Do you think that a healthy well-adapted adopted dog has more or less "psychological problems" than a dog bred in a puppy mill and then stuck in a small cage in a pet store all its life? Just food for thought.


----------



## mehranR (Jul 27, 2013)

IzzyBella said:


> ........The only "psychological problems" (as mentioned by someone ignorant about rescue dogs) is that she often feels the need to protect us from other dogs in stressful (to her) situations.


Why would you call it being ignorant???? Telling someone that Some rescue dog has severe psychological problem is being ignorant to a rescued dog? I have rescued more than 5 dogs and three cats and now you want to call me ignorant? I am just telling him what he might face if things don't go the way they thought it should.


----------



## IzzyBella (Mar 11, 2013)

mehranR said:


> Why would you call it being ignorant???? Telling someone that Some rescue dog has severe psychological problem is being ignorant to a rescued dog? I have rescued more than 5 dogs and three cats and now you want to call me ignorant? I am just telling him what he might face if things don't go the way they thought it should.


You implied ALL rescue dogs have psychological problems. You should be more specific rather than scaremongering. 

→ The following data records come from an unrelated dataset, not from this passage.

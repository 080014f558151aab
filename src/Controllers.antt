-- ===== src/Controllers.antt =====
-- What a request passes on its way to a handler and back, in the order of Nest: `TenantMiddleware`
-- (applied to all routes of these controllers by src/app.module.ts), `JwtGuard`, `LoggingInterceptor`, the
-- handler with
-- `ParseUUIDPipe` on its ids, and `AllExceptionsFilter`.
pub mod ApiKeys
pub mod Users
pub mod Auth
pub mod Tenants
pub mod Rbac
pub mod Webhooks
pub mod Profile
pub mod AuditLogs
mod Logging
mod Tests
use multi_tenant_saas_gatewa.Common.{ℕ, String, ◌≡◌, refl, ap, ◌∙◌, ◌⊎◌, inl, inr, Bool, arith}
use multi_tenant_saas_gatewa.Common.Outcome.{Result, ok, throw, M, after, pure, ◌>>=◌}
use multi_tenant_saas_gatewa.Database.Laws.{Result-cases}
use multi_tenant_saas_gatewa.Auth.{AuthenticatedUser, Jwt}
use multi_tenant_saas_gatewa.Http.Request.{Request}
use multi_tenant_saas_gatewa.Http.Middleware.{resolve_tenant, with_request_id}
use multi_tenant_saas_gatewa.Http.Guards.{jwt_guard, parse_uuid}
use multi_tenant_saas_gatewa.Http.Filter.{Response, answered, failed, respond, build_error_response}

-- What the pipeline is configured with: the tokens, `JWT_SECRET`, and the test on ids.
pub record Context : Type 0 where
  pub jwt : Jwt
  pub secret : String
  pub is_uuid : String → Bool

module _ {S : Type 0} where
  abbrev pub lift : {A : Type 0} → Result A → M S A
  lift r s = (r, s)

  -- A handler with `ParseUUIDPipe` on its parameter.
  unfoldable pub piped : {A : Type 0} → Context → String → (String → M S A) → M S A
  piped c id handler = lift (parse_uuid c.is_uuid id) >>= handler

  -- `TenantMiddleware` and `JwtGuard`: the tenant of the request, and the user of the token.
  unfoldable pub admit : Context → Request → M S (String × AuthenticatedUser)
  admit c q = do
    tenant_id ← lift (resolve_tenant q)
    u ← lift (jwt_guard c.jwt c.secret q)
    pure (tenant_id, u)

  -- A route that no guard protects.
  unfoldable pub admit_public : Request → M S String
  admit_public q = lift (resolve_tenant q)

  -- What follows the guards. `LoggingInterceptor` gives the request an id, which the filter reads.
  abbrev pub proceed :
      {G A : Type 0} → Request → String → ℕ → Result G × S → (G → M S A) → Response A × S
  proceed q uuid timestamp (throw e, s) handler = (failed (build_error_response e q timestamp), s)
  proceed q uuid timestamp (ok admitted, s) handler =
      (respond (with_request_id q uuid) timestamp (handler admitted s).0, (handler admitted s).1)

  -- The answer, and the state that is left.
  unfoldable pub serve :
      {G A : Type 0} → Request → String → ℕ → M S G → (G → M S A) → S → Response A × S
  serve q uuid timestamp guards handler s = proceed q uuid timestamp (guards s) handler

  -- A request leaves the state alone, or its handler runs, with the tenant of the request and the user
  -- of its token.
  pub serve_cases :
      {A : Type 0} (c : Context) (q : Request) (uuid : String) (timestamp : ℕ)
      (handler : String × AuthenticatedUser → M S A) (s : S)
      → ((serve q uuid timestamp (admit c q) handler s).1 ≡ s)
        ⊎ ((tenant_id : String) × (u : AuthenticatedUser) × (resolve_tenant q ≡ ok tenant_id)
            × (jwt_guard c.jwt c.secret q ≡ ok u)
            × (serve q uuid timestamp (admit c q) handler s ≡ (
              respond (with_request_id q uuid) timestamp (handler (tenant_id, u) s).0,
              (handler (tenant_id, u) s).1,
            )))
  unfolding serve admit
  serve_cases c q uuid timestamp handler s = elim (Result-cases (resolve_tenant q)) [
    | inl (e, refused) ↦ inl (rw refused refl)
    | inr (tenant_id, resolved) ↦ elim (Result-cases (jwt_guard c.jwt c.secret q)) [
      | inl (e, refused) ↦ inl (rw (resolved, refused) refl)
      | inr (u, accepted) ↦ inr (tenant_id, u, resolved, accepted, rw (resolved, accepted) refl)
    ]
  ]

  pub piped_cases :
      {A : Type 0} (c : Context) (id : String) (handler : String → M S A) (s : S)
      → ((piped c id handler s).1 ≡ s) ⊎ (piped c id handler s ≡ handler id s)
  unfolding piped parse_uuid
  piped_cases c id handler s = ground arith

  after_state : {A B : Type 0} (k : A → B) (r : Result A × S) → (after r (λ a. pure (k a))).1 ≡ r.1
  after_state k (ok a, s) = refl
  after_state k (throw e, s) = refl

  -- What is done with the answer of a handler does not change the state.
  pub reply_state :
      {A B : Type 0} (m : M S A) (k : A → B) (s : S) → ((m >>= λ a. pure (k a)) s).1 ≡ (m s).1
  reply_state m k s = after_state k (m s)

  pub piped_state :
      {A B : Type 0} (c : Context) (id : String) (m : String → M S A) (k : A → B) (s : S)
      → (((piped c id m >>= λ a. pure (k a)) s).1 ≡ s)
        ⊎ (((piped c id m >>= λ a. pure (k a)) s).1 ≡ (m id s).1)
  piped_state c id m k s = elim (piped_cases c id m s) [
    | inl same ↦ inl (reply_state (piped c id m) k s ∙ same)
    | inr run ↦ inr (reply_state (piped c id m) k s ∙ ap (λ r. r.1) run)
  ]

  respond_answered :
      {A : Type 0} (q : Request) (timestamp : ℕ) (r : Result A × S) (s' : S) (a : A)
      → ◌≡◌ {A = Response A × S} (respond q timestamp r.0, r.1) (answered a, s')
      → r ≡ (ok a, s')
  unfolding respond
  respond_answered q timestamp (ok b, t) s' a h = cc
  respond_answered q timestamp (throw e, t) s' a h = absurd (ground arith)

  proceed_answered :
      {G A : Type 0} (q : Request) (uuid : String) (timestamp : ℕ) (r : Result G × S)
      (handler : G → M S A) (s' : S) (a : A)
      → proceed q uuid timestamp r handler ≡ (answered a, s')
      → (admitted : G) × (t : S) × (r ≡ (ok admitted, t)) × (handler admitted t ≡ (ok a, s'))
  proceed_answered q uuid timestamp (throw e, t) handler s' a h = absurd (ground arith)
  proceed_answered q uuid timestamp (ok admitted, t) handler s' a h = (
    admitted,
    t,
    refl,
    respond_answered (with_request_id q uuid) timestamp (handler admitted t) s' a h,
  )

  -- A request that is answered has passed the guards.
  pub serve_answered :
      {G A : Type 0} (q : Request) (uuid : String) (timestamp : ℕ) (guards : M S G)
      (handler : G → M S A) (s s' : S) (a : A)
      → serve q uuid timestamp guards handler s ≡ (answered a, s')
      → (admitted : G) × (t : S) × (guards s ≡ (ok admitted, t)) × (handler admitted t ≡ (ok a, s'))
  unfolding serve
  serve_answered q uuid timestamp guards handler s s' a h =
      proceed_answered q uuid timestamp (guards s) handler s' a h

  -- What is answered after a first step.
  pub after_answered :
      {A B : Type 0} (r : Result A × S) (k : A → M S B) (b : B) (s' : S)
      → after r k ≡ (ok b, s')
      → (a : A) × (t : S) × (r ≡ (ok a, t)) × (k a t ≡ (ok b, s'))
  after_answered (ok a, t) k b s' h = (a, t, refl, h)
  after_answered (throw e, t) k b s' h = absurd (ground arith)

  -- Guards that admit a request have found its tenant and its user, and left the state alone.
  pub admit_ok :
      (c : Context) (q : Request) (s t : S) (p : String × AuthenticatedUser)
      → admit c q s ≡ (ok p, t)
      → (t ≡ s) × (resolve_tenant q ≡ ok (p.0)) × (jwt_guard c.jwt c.secret q ≡ ok (p.1))
  unfolding admit
  admit_ok c q s t p h = elim (Result-cases (resolve_tenant q)) [
    | inl (e, refused) ↦ absurd (ground (arith, h, refused))
    | inr (tenant_id, resolved) ↦ elim (Result-cases (jwt_guard c.jwt c.secret q)) [
      | inl (e, refused) ↦ absurd (ground (arith, h, resolved, refused))
      | inr (u, accepted) ↦ (
        ground (arith, h, resolved, accepted),
        ground (arith, h, resolved, accepted),
        ground (arith, h, resolved, accepted),
      )
    ]
  ]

I admire your plight for rescuing 8 animals - why would you put someone off it with a careless comment?


----------



## mehranR (Jul 27, 2013)

IzzyBella said:


> You implied ALL rescue dogs have psychological problems. You should be more specific rather than scaremongering. I admire your plight for rescuing 8 animals - why would you put someone off it with a careless comment?


I never said ALL have problems. Infact I said his first choice should be adoption. And I merely stated a scenario where wife may not like the dog and puppy having severe psychological issues. Then That puppy's life is doomed.


----------



## BedouGirl (Sep 15, 2011)

There's NUMEROUS rescue centers in the UAE and even vets will have/know of animals for adoption. I've lived here for many years and just took in my third rescue last year. He is the most amazing dog, in personality and looks (not that I am biased of course haha!). We did have a few issues to begin with, but they were soon ironed out with a little patience and from the dog I picked up last September with no hair, who didn't know how to eat dog food and was petrified of men, my boy now has a coat that needs grooming almost once a month (people stop on the street to ask us what breed he is - he kind of looks like a miniature Dulux dog), he chows down on his food and can't wait for dinner time (he's the only dog I've ever had who actually crunches his biscuits as opposed to vacuuming them!) and he is the happiest, most well adjusted chappie, who loves cuddles and just being around people. I think, of all my rescues, this boy has been the most rewarding to see the way he has changed. Please, please, please try to rescue first rather than filling the pockets of these b*rstards who run these dreadful mills.


----------



## Mr Rossi (May 16, 2009)

Most "pedigree" dogs in the UAE come from battery farms in the Ukraine. Most don't survive the journey to the UAE, this is what increases the price of the ones (un)fortunate to live.

Please don't support this trade. 

I rescued an abandoned chiwawa, that was healthy and full of life doubt it would've had any abandonment issues. Speak to the rescue groups, there will probably be a waiting list but take the effort to be part of the solution rather than the problem.


----------



## DanWatson3 (Sep 12, 2013)

Thank you for the feedback everyone, much appreciated. We will be registering with the rescue centres next weekend and hopefully have a new member of the family pretty soon.


----------



## BedouGirl (Sep 15, 2011)

DanWatson3 said:


> Thank you for the feedback everyone, much appreciated. We will be registering with the rescue centres next weekend and hopefully have a new member of the family pretty soon.


Fantastic!


----------



## IzzyBella (Mar 11, 2013)

DanWatson3 said:


> Thank you for the feedback everyone, much appreciated. We will be registering with the rescue centres next weekend and hopefully have a new member of the family pretty soon.


Yay! Fantastic news. We're picking up a foster dog right now from Abu Dhabi Animal Action. 

Hopefully this temporary member of the family will have a better time


----------